My thanks to Don Alsbro of 'Lest we Forget' for making me aware of this story.
By WILLIAM F. AST III - H-P Staff Writer
Published: Sunday, March 21, 2010 1:08 PM EDT
Lest We Forget vets visit 109-year-old WWI comrade
Don Alsbro, left, and Frank Buckles March 2010
Frank Buckles last weekend got a big smile on his face as the Lest We Forget veterans left his house and said they were looking forward to his 110th birthday in 2011.
Buckles, 109, is America's last living veteran of World War I. The Lest We Forget veterans from Southwest Michigan had made their third recent trip to his farm in Charles Town, W.Va., to pay him a visit.
Lest We Forget President Don Alsbro, one of the five who made the trip, said Buckles appears to still be doing well and might indeed make 110.
"I appreciate you coming," Buckles told the group, according to Alsbro. "It is a long way from Michigan."
Alsbro presented Buckles with a framed copy of a letter from U.S. Rep.

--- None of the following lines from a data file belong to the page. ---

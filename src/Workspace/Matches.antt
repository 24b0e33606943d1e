-- ===== src/Workspace/Matches.antt =====
-- core/workspace/manager.go: the workspace that Match selects.
use codex_link_clawbot.Prelude.{
  ltb, leb, if◌then◌else◌, Bool-cases, Option-cases, all, ℕ, ◌≤◌, ◌≡◌, refl, sym, ◌∙◌, subst, ◌⊎◌,
  inl, inr, Bool, true, Option, none, some, List, [], ◌∷◌, arith,
}
use codex_link_clawbot.Text.{Text, len}
use codex_link_clawbot.Workspace.{
  canonical_path, within, match_from, match_workspace, Definition, FileSystem,
}

-- The bytes of a workspace's real root, where the path is within it.
abbrev pub root_length : FileSystem → Text → Definition → Option ℕ
root_length fs path d = elim (canonical_path fs d.root) [
  | none ↦ none
  | some root ↦ if within path root then some (len root) else none
]

abbrev pub at_most : ℕ → Option ℕ → Bool
at_most n none = true
at_most n (some k) = leb k n

-- Where a definition stands among others.
pub data Among (d : Definition) : List Definition → Type 0 where
  first : (rest : List Definition) → Among d (d ∷ rest)
  later : (e : Definition) {rest : List Definition} → Among d rest → Among d (e ∷ rest)

abbrev next_best :
    FileSystem → Text → Option (Definition × ℕ) → Definition → Option (Definition × ℕ)
next_best fs path best d = elim (root_length fs path d) [
  | none ↦ best
  | some n ↦ elim best [ none ↦ some (d, n) | some b ↦ if ltb b.1 n then some (d, n) else some b ]
]

match_from-next :
    (fs : FileSystem) (path : Text) (best : Option (Definition × ℕ)) (d : Definition)
    (rest : List Definition)
    → match_from fs path best (d ∷ rest) ≡ match_from fs path (next_best fs path best d) rest
unfolding match_from
match_from-next fs path best d rest = elim (Option-cases (canonical_path fs d.root)) [
  | inl n ↦ ground (arith, n)
  | inr (root, is) ↦ elim (Option-cases best) [
    | inl none_yet ↦ ground (arith, is, none_yet)
    | inr (b, has) ↦ ground (arith, is, has)
  ]
]

-- The best never gets worse.
match_from-grows :
    (fs : FileSystem) (path : Text) (b : Definition) (m : ℕ) (items : List Definition)
    → (d : Definition) × (n : ℕ) × (match_from fs path (some (b, m)) items ≡ some (d, n)) × (m ≤ n)
unfolding match_from
match_from-grows fs path b m [] = (b, m, refl, omega arith)
match_from-grows fs path b m (e ∷ items) =
    let step = match_from-next fs path (some (b, m)) e items in
    let same = match_from-grows fs path b m items in
    elim (Option-cases (root_length fs path e)) [
      | inl out ↦ (same.0, same.1, ground (arith, step, out, same.2), same.3)
      | inr (k, inside) ↦ elim (Bool-cases (ltb m k)) [
        | inr worse ↦ (same.0, same.1, ground (arith, step, inside, worse, same.2), same.3)
        | inl better ↦
            let grown = match_from-grows fs path e k items in
            (
              grown.0,
              grown.1,
              ground (arith, step, inside, better, grown.2),
              ground (arith, grown.3, better),
            )
      ]
    ]

-- Nothing that the path is within has a longer root than the one that is selected.
match_from-longest :
    (fs : FileSystem) (path : Text) (best : Option (Definition × ℕ)) (items : List Definition)
    {d : Definition} {n : ℕ}
    → match_from fs path best items ≡ some (d, n)
    → all (λ e. at_most n (root_length fs path e)) items ≡ true
unfolding match_from
match_from-longest fs path best [] h = refl
match_from-longest fs path best (e ∷ items) {d} {n} h =
    let step = match_from-next fs path best e items in
    let rest = match_from-longest fs path (next_best fs path best e) items (sym step ∙ h) in
    elim (Option-cases (root_length fs path e)) [
      | inl out ↦ ground (arith, out, rest)
      | inr (k, inside) ↦ elim (Option-cases best) [
        | inl none_yet ↦
            let grown = match_from-grows fs path e k items in
            ground (arith, step, inside, none_yet, grown.2, grown.3, rest)
        | inr ((b, m), has) ↦ elim (Bool-cases (ltb m k)) [
          | inl better ↦
              let grown = match_from-grows fs path e k items in
              ground (arith, step, inside, has, better, grown.2, grown.3, rest)
          | inr worse ↦
              let grown = match_from-grows fs path b m items in
              ground (arith, step, inside, has, worse, grown.2, grown.3, rest)
        ]
      ]
    ]

next_best-cases :
    (fs : FileSystem) (path : Text) (best : Option (Definition × ℕ)) (e : Definition) (k : ℕ)
    {d : Definition} {n : ℕ}
    → root_length fs path e ≡ some k
    → next_best fs path best e ≡ some (d, n)
    → (best ≡ some (d, n)) ⊎ ((e ≡ d) × (k ≡ n))
next_best-cases fs path none e k inside h = inr (ground (arith, inside), ground (arith, inside))
next_best-cases fs path (some (b, m)) e k inside h = elim (Bool-cases (ltb m k)) [
  | inl better ↦ inr (ground (arith, inside, better), ground (arith, inside, better))
  | inr worse ↦ inl (ground (arith, inside, worse))
]

-- The one that is selected is one of the items, or the best before them.
match_from-Among :
    (fs : FileSystem) (path : Text) (best : Option (Definition × ℕ)) (items : List Definition)
    {d : Definition} {n : ℕ}
    → match_from fs path best items ≡ some (d, n)
    → (best ≡ some (d, n)) ⊎ (Among d items × (root_length fs path d ≡ some n))
unfolding match_from
match_from-Among fs path best [] h = inl h
match_from-Among fs path best (e ∷ items) {d} {n} h =
    let step = match_from-next fs path best e items in
    elim (match_from-Among fs path (next_best fs path best e) items (sym step ∙ h)) [
      | inr (at, inside) ↦ inr (Among.later e at, inside)
      | inl here ↦ elim (Option-cases (root_length fs path e)) [
        | inl out ↦ inl (ground (arith, here, out))
        | inr (k, inside) ↦ elim (next_best-cases fs path best e k inside here) [
          | inl kept ↦ inl kept
          | inr (same, is_n) ↦ inr (
            subst (λ (x : Definition). Among x (e ∷ items)) same (Among.first items),
            ground (arith, same, inside, is_n),
          )
        ]
      ]
    ]

-- Match selects a workspace that the real path is in, and of all those the path is in one whose
-- real root is the longest.
pub match_workspace-longest :
    (fs : FileSystem) (cwd : Text) (items : List Definition) {d : Definition}
    → match_workspace fs cwd items ≡ some d
    → (path : Text) × (n : ℕ) × (canonical_path fs cwd ≡ some path)
      × Among d items
      × (root_length fs path d ≡ some n)
      × (all (λ e. at_most n (root_length fs path e)) items ≡ true)
unfolding match_workspace
match_workspace-longest fs cwd items {d} h = elim (Option-cases (canonical_path fs cwd)) [
  | inl n ↦ absurd (ground (arith, n))
  | inr (path, is) ↦ elim (Option-cases (match_from fs path none items)) [
    | inl n ↦ absurd (ground (arith, is, n))
    | inr ((e, n), found) ↦
        let same : e ≡ d = ground (arith, is, found) in
        let here : match_from fs path none items ≡ some (d, n) = ground (arith, found, same) in
        elim (match_from-Among fs path none items here) [
          | inl bad ↦ absurd (ground arith)
          | inr (at, inside) ↦ (path, n, is, at, inside, match_from-longest fs path none items here)
        ]
  ]
]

Fred Upton, R-St. Joseph, saying he's signed on as a cosponsor of a bill to create a national monument in Washington to honor World War I veterans. There is no such monument now, and Buckles is honorary chairman of the effort.
"He would like to see something approved before he passes on," Alsbro said.

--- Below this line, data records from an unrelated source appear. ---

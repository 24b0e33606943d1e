-- ===== src/Thread/Pages.antt =====
-- core/thread/global_catalog.go: the pages of a list.
use codex_link_clawbot.Prelude.{
  ltb, ◌==◌, max, Bool-cases, Fallible, ok, err, length, take, drop, ℕ, zero, suc, ◌+◌, ◌-◌, ◌*◌,
  ◌/◌, ◌≤◌, ◌<◌, ◌≡◌, refl, sym, ap, ◌∙◌, inl, inr, false, List, [], ◌∷◌, ◌++◌, arith,
}
use codex_link_clawbot.Thread.{pages_of, page_of, ThreadInfo, ThreadError, GlobalPage}
use native.Mathlib.Nat.{lt-div-mul-add, div-lt_iff_lt-mul}

module _ {A : Type 0} where
  take-none : (n : ℕ) (xs : List A) → xs ≡ [] → take n xs ≡ []
  take-none zero xs h = refl
  take-none (suc n) [] h = refl
  take-none (suc n) (x ∷ xs) h = absurd (ground arith)

  take-add : (m n k : ℕ) (xs : List A) → k ≡ m + n → take k xs ≡ take m xs ++ take n (drop m xs)
  take-add zero n k xs h = ap (λ i. take i xs) (omega (arith, h))
  take-add (suc m) n zero xs h = absurd (omega arith)
  take-add (suc m) n (suc k) [] h = sym (take-none n [] refl)
  take-add (suc m) n (suc k) (x ∷ xs) h = ap (λ l. x ∷ l) (take-add m n k xs (omega arith))

  take-all : (n : ℕ) (xs : List A) → length xs ≤ n → take n xs ≡ xs
  take-all zero [] h = refl
  take-all zero (x ∷ xs) h = absurd (omega arith)
  take-all (suc n) [] h = refl
  take-all (suc n) (x ∷ xs) h = ap (λ l. x ∷ l) (take-all n xs (omega arith))

-- What a page shows.
abbrev pub shown : Fallible ThreadError GlobalPage → List ThreadInfo
shown (ok page) = page.items
shown (err e) = []

-- The items of the first pages, one page after the other.
abbrev pub first_pages : ℕ → ℕ → List ThreadInfo → List ThreadInfo
first_pages size zero items = []
first_pages size (suc n) items = first_pages size n items ++ shown (page_of (suc n) size items)

page_of-shown :
    (size n : ℕ) (items : List ThreadInfo)
    → 0 < size
    → n < pages_of (length items) size
    → shown (page_of (suc n) size items) ≡ take size (drop (n * size) items)
unfolding page_of
page_of-shown size n items some_size small =
    let given : (size == 0) ≡ false = ground arith in
    let there : ltb (pages_of (length items) size) (suc n) ≡ false = ground (arith, small) in
    let before : (suc n - 1) * size ≡ n * size = ap (λ i. i * size) (omega arith) in
    ground (arith, given, there, before)

first_pages-take :
    (size n k : ℕ) (items : List ThreadInfo)
    → 0 < size
    → k ≡ n * size
    → n ≤ pages_of (length items) size
    → first_pages size n items ≡ take k items
first_pages-take size zero k items some_size h small =
    let none_taken : k ≡ 0 = omega (arith, h) in sym (ap (λ i. take i items) none_taken)
first_pages-take size (suc n) k items some_size h small =
    let rest = first_pages-take size n (n * size) items some_size refl (omega arith) in
    let here = page_of-shown size n items some_size (omega arith) in
    let whole = take-add (n * size) size k items (ground (arith, h)) in
    ground (arith, rest, here, whole)

pages_of-enough : (total size : ℕ) → 0 < size → total ≤ pages_of total size * size
pages_of-enough total size some_size =
    let q : ℕ = (total + size - 1) / size in
    elim (Bool-cases (ltb 1 q)) [
      | inl more ↦
          let whole : total ≤ q * size =
            omega (arith, lt-div-mul-add {a = total + size - 1} some_size) in
          let same : max 1 q * size ≡ q * size = ap (λ i. i * size) (ground (arith, more)) in
          omega (arith, whole, same)
      | inr one ↦
          let few : q < 2 = ground (arith, one) in
          let short : total + size - 1 < 2 * size = (div-lt_iff_lt-mul {y = 2} some_size).0 few in
          let same : max 1 q * size ≡ 1 * size = ap (λ i. i * size) (ground (arith, one)) in
          omega (arith, short, same)
    ]

-- The pages of a list, put one after the other, are the list: for every size, each page up to the
-- last is there, and nothing is left out, shown twice or out of its place.
pub first_pages-all :
    (size : ℕ) (items : List ThreadInfo)
    → 0 < size
    → first_pages size (pages_of (length items) size) items ≡ items
first_pages-all size items some_size =
    let pages : ℕ = pages_of (length items) size in
    first_pages-take size pages (pages * size) items some_size refl (omega arith)
    ∙ take-all (pages * size) items (pages_of-enough (length items) size some_size)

After World War I, Buckles met famed Gen. John "Black Jack" Pershing, the overall American commander in the war.
Buckles told the group Pershing was traveling around the country giving talks, and he went to see the general at a convention center. He was the only man there to wear a uniform.
"After the general was done with the program, he asked to speak to the fellow in uniform," Buckles said. "He recognized the Missouri accent and asked where I was from. Turns out he was born only three miles, as the crow flies, from where I lived."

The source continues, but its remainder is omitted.